## Goal of the exercise
Please give back, word for word, only the lines starting at the one containing "elem-narrowed (c ∷" and ending at the one containing "own_entry key subject none" within the material below.

## Extracted information
-- ===== src/Pools/Allowed.antt =====
-- What is known of a candidate.
use intelli_study_planner_br.Base.{
  ℕ, ℤ, pos, ◌≡◌, refl, ◌∙◌, Bool, true, false, not, ◌&&◌, ◌||◌, Option, none, some, List, [], ◌∷◌,
  ◌++◌, Text, arith, keep, find, any, all, elem, is_empty, if◌then◌else◌, ◌==◌, ==_refl, text_eq,
  nat_eq, int_eq, Bool-cases, inl, inr,
}
use intelli_study_planner_br.Base.Tables.{all-snoc, find-some, find-holds}
use intelli_study_planner_br.Pools.{
  Subject, Catalog, Pool, Mode, named_list, open_pool, prefix_level, other_mode, normalize_code,
  allowed_elective_levels, level_of, code_or_key, has_level, add, is_entry_of, has_key, or_else,
  entry_of, normalized, add_found, named_codes, configured_levels, allowed_levels, takes,
  open_codes, open_candidates, resolve_pool_candidates,
}

-- A code that is not forbidden, and whose subject has an allowed level.
abbrev has_entry : Text → Text × Subject → Bool
has_entry code (key, subject) =
    (key == code || is_entry_of code (key, subject)) && has_level allowed_elective_levels subject

abbrev pub is_candidate : Catalog → List Text → Text → Bool
is_candidate catalog forbidden code = not (elem code forbidden) && any (has_entry code) catalog

all-add :
    (p : Text → Bool) (code : Text) (candidates : List Text)
    → all p candidates ≡ true
    → p code ≡ true
    → all p (add code candidates) ≡ true
all-add p code candidates h e = added (elem code candidates)
  where
    added : (there : Bool) → all p (if there then candidates else candidates ++ code ∷ []) ≡ true
    added true = h
    added false = all-snoc p candidates code h e

-- The entry that is found for a code is one of the catalogue's.
entry_of-any :
    (norm : Text) (catalog : Catalog) (key : Text) (subject : Subject)
    → entry_of norm catalog ≡ some (key, subject)
    → has_level allowed_elective_levels subject ≡ true
    → any (has_entry norm) catalog ≡ true
unfolding entry_of
entry_of-any norm catalog key subject e l = on (find (has_key norm) catalog) refl e
  where
    on :
        (o : Option (Text × Subject))
        → find (has_key norm) catalog ≡ o
        → or_else o (find (is_entry_of norm) catalog) ≡ some (key, subject)
        → any (has_entry norm) catalog ≡ true
    on none look e' =
        find-some (is_entry_of norm) (has_entry norm) catalog e'
          (grind (arith, find-holds (is_entry_of norm) catalog e'))
    on (some x) look e' =
        find-some (has_key norm) (has_entry norm) catalog (look ∙ e')
          (grind (arith, find-holds (has_key norm) catalog (look ∙ e')))

add_found-candidates :
    (catalog : Catalog) (forbidden : List Text) (norm : Text) (candidates : List Text)
    (o : Option (Text × Subject))
    → entry_of norm catalog ≡ o
    → elem norm forbidden ≡ false
    → all (is_candidate catalog forbidden) candidates ≡ true
    → all (is_candidate catalog forbidden) (add_found norm candidates o) ≡ true
add_found-candidates catalog forbidden norm candidates none look f h = h
add_found-candidates catalog forbidden norm candidates (some (key, subject)) look f h =
    elim (Bool-cases (has_level allowed_elective_levels subject)) [
      | inl l ↦ rw l (
          all-add (is_candidate catalog forbidden) norm candidates h
            (rw (f, entry_of-any norm catalog key subject look l)))
      | inr l ↦ rw l h
    ]

named_codes-candidates :
    (catalog : Catalog) (forbidden cs candidates : List Text)
    → all (is_candidate catalog forbidden) candidates ≡ true
    → all (is_candidate catalog forbidden) (named_codes catalog forbidden cs candidates) ≡ true
unfolding named_codes
named_codes-candidates catalog forbidden [] candidates h = h
named_codes-candidates catalog forbidden (code ∷ cs) candidates h =
    named_codes-candidates catalog forbidden cs _
      (round (is_empty norm || elem norm forbidden) refl)
  where
    norm : Text
    norm = normalize_code code

    round :
        (skips : Bool)
        → (is_empty norm || elem norm forbidden) ≡ skips
        → all
            (is_candidate catalog forbidden)
            (if skips then candidates else add_found norm candidates (entry_of norm catalog))
          ≡ true
    round true e = h
    round false e =
        add_found-candidates catalog forbidden norm candidates (entry_of norm catalog) refl
          (grind arith) h

elem-keep :
    (q : ℕ → Bool) (l : ℕ) (levels : List ℕ) → elem l (keep q levels) ≡ true → elem l levels ≡ true
elem-keep q l [] h = grind arith
elem-keep q l (m ∷ levels) h = grind (arith, elem-keep q l levels)

elem-narrowed :
    (configured : List ℤ) (l : ℕ)
    → elem l (allowed_levels configured) ≡ true
    → elem l allowed_elective_levels ≡ true
elem-narrowed [] l h = h
elem-narrowed (c ∷ configured) l h =
    elem-keep (λ m. elem (pos m) (c ∷ configured)) l allowed_elective_levels h

-- The configured levels narrow the allowed ones.
has_level-narrowed :
    (configured : List ℤ) (subject : Subject)
    → has_level (allowed_levels configured) subject ≡ true
    → has_level allowed_elective_levels subject ≡ true
unfolding has_level
has_level-narrowed configured subject h = on (level_of subject) h
  where
    on :
        (o : Option ℕ)
        → elim o [ none ↦ false | some l ↦ elem l (allowed_levels configured) ] ≡ true
        → elim o [ none ↦ false | some l ↦ elem l allowed_elective_levels ] ≡ true
    on none e = e
    on (some l) e = elem-narrowed configured l e

or_true : (b : Bool) → (b || true) ≡ true
or_true true = refl
or_true false = refl

own_entry :
    (key : Text) (subject : Subject) (code : Option Text)
    → subject.code ≡ code
    → is_entry_of (normalize_code (code_or_key key code)) (key, subject) ≡ true
own_entry key subject none e = rw (==_refl (normalize_code key))
own_entry key subject (some []) e = rw (==_refl (normalize_code key))
own_entry key subject (some (c ∷ s)) e =
    rw (e, ==_refl (normalize_code (c ∷ s)))
      (or_true (normalize_code key == normalize_code (c ∷ s)))

has_own_entry :
    (key : Text) (subject : Subject) (catalog : Catalog)
    → has_level allowed_elective_levels subject ≡ true
    → any (has_entry (normalize_code (code_or_key key subject.code))) ((key, subject) ∷ catalog)
      ≡ true
has_own_entry key subject catalog l = rw (
  own_entry key subject subject.code refl,
  l,
  or_true (key == normalize_code (code_or_key key subject.code)),
)

takes_parts :
    (pool : Pool) (levels : List ℕ) (forbidden : List Text) (code : Text) (subject : Subject)
    → takes pool levels forbidden code subject ≡ true
    → (elem code forbidden ≡ false) × (has_level levels subject ≡ true)
takes_parts pool levels forbidden code subject h = grind arith

open_codes-candidates :
    (pool : Pool) (configured : List ℤ) (whole : Catalog) (forbidden : List Text)
    (catalog : Catalog) (candidates : List Text)
    → ((p : Text × Subject → Bool) → any p catalog ≡ true → any p whole ≡ true)
    → all (is_candidate whole forbidden) candidates ≡ true
    → all
        (is_candidate whole forbidden)
        (open_codes pool (allowed_levels configured) forbidden catalog candidates)
      ≡ true
unfolding open_codes
open_codes-candidates pool configured whole forbidden [] candidates inside h = h
open_codes-candidates pool configured whole forbidden ((key, subject) ∷ catalog) candidates inside
      h =
    open_codes-candidates pool configured whole forbidden catalog _ (λ p e. inside p (grind arith))
      (round (takes pool (allowed_levels configured) forbidden code subject) refl)
  where
    code : Text
    code = normalize_code (code_or_key key subject.code)

    round :
        (taken : Bool)
        → takes pool (allowed_levels configured) forbidden code subject ≡ taken
        → all (is_candidate whole forbidden) (if taken then add code candidates else candidates)
          ≡ true
    round false e = h
    round true e =
        let (allowed, level) =
          takes_parts pool (allowed_levels configured) forbidden code subject e in
        all-add (is_candidate whole forbidden) code candidates h (
          rw (
            allowed,
            inside (has_entry code)
                (has_own_entry key subject catalog (has_level-narrowed configured subject level)),
          ))

open_candidates-candidates :
    (pool : Pool) (configured : List ℤ) (catalog : Catalog) (forbidden : List Text)
    (none_left : Bool)
    → all
        (is_candidate catalog forbidden)
        (if none_left then [] else open_codes pool (allowed_levels configured) forbidden catalog [])
      ≡ true
open_candidates-candidates pool configured catalog forbidden true = refl
open_candidates-candidates pool configured catalog forbidden false =
    open_codes-candidates pool configured catalog forbidden catalog [] (λ p e. e) refl

-- Whatever a pool says, a candidate that it resolves to is not forbidden (after normalizing the codes),
-- and is the code of an entry of the catalogue whose level is 100, 200 or 300.
pub resolve_pool_candidates-allowed :
    (pool : Pool) (catalog : Catalog) (forbidden : List Text)
    → all
        (is_candidate catalog (normalized forbidden))
        (resolve_pool_candidates pool catalog forbidden)
      ≡ true
unfolding resolve_pool_candidates
resolve_pool_candidates-allowed pool catalog forbidden = on pool.mode
  where
    levels : List ℤ
    levels = configured_levels pool.level_rules

    in_open :
        all
          (is_candidate catalog (normalized forbidden))
          (open_candidates pool (allowed_levels levels) catalog (normalized forbidden))
        ≡ true
    in_open =
        open_candidates-candidates pool levels catalog (normalized forbidden)
          (is_empty (allowed_levels levels))

    on :
        (mode : Mode)
        → all (is_candidate catalog (normalized forbidden)) (elim mode [
          | named_list ↦ named_codes catalog (normalized forbidden) pool.codes_named []
          | other_mode ↦ []
          | _ ↦ open_candidates pool (allowed_levels levels) catalog (normalized forbidden)
        ])
          ≡ true
    on named_list = named_codes-candidates catalog (normalized forbidden) pool.codes_named [] refl
    on open_pool = in_open
    on prefix_level = in_open
    on other_mode = refl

## Answer section
elem-narrowed (c ∷ configured) l h =
    elem-keep (λ m. elem (pos m) (c ∷ configured)) l allowed_elective_levels h

-- The configured levels narrow the allowed ones.
has_level-narrowed :
    (configured : List ℤ) (subject : Subject)
    → has_level (allowed_levels configured) subject ≡ true
    → has_level allowed_elective_levels subject ≡ true
unfolding has_level
has_level-narrowed configured subject h = on (level_of subject) h
  where
    on :
        (o : Option ℕ)
        → elim o [ none ↦ false | some l ↦ elem l (allowed_levels configured) ] ≡ true
        → elim o [ none ↦ false | some l ↦ elem l allowed_elective_levels ] ≡ true
    on none e = e
    on (some l) e = elem-narrowed configured l e

or_true : (b : Bool) → (b || true) ≡ true
or_true true = refl
or_true false = refl

own_entry :
    (key : Text) (subject : Subject) (code : Option Text)
    → subject.code ≡ code
    → is_entry_of (normalize_code (code_or_key key code)) (key, subject) ≡ true
own_entry key subject none e = rw (==_refl (normalize_code key))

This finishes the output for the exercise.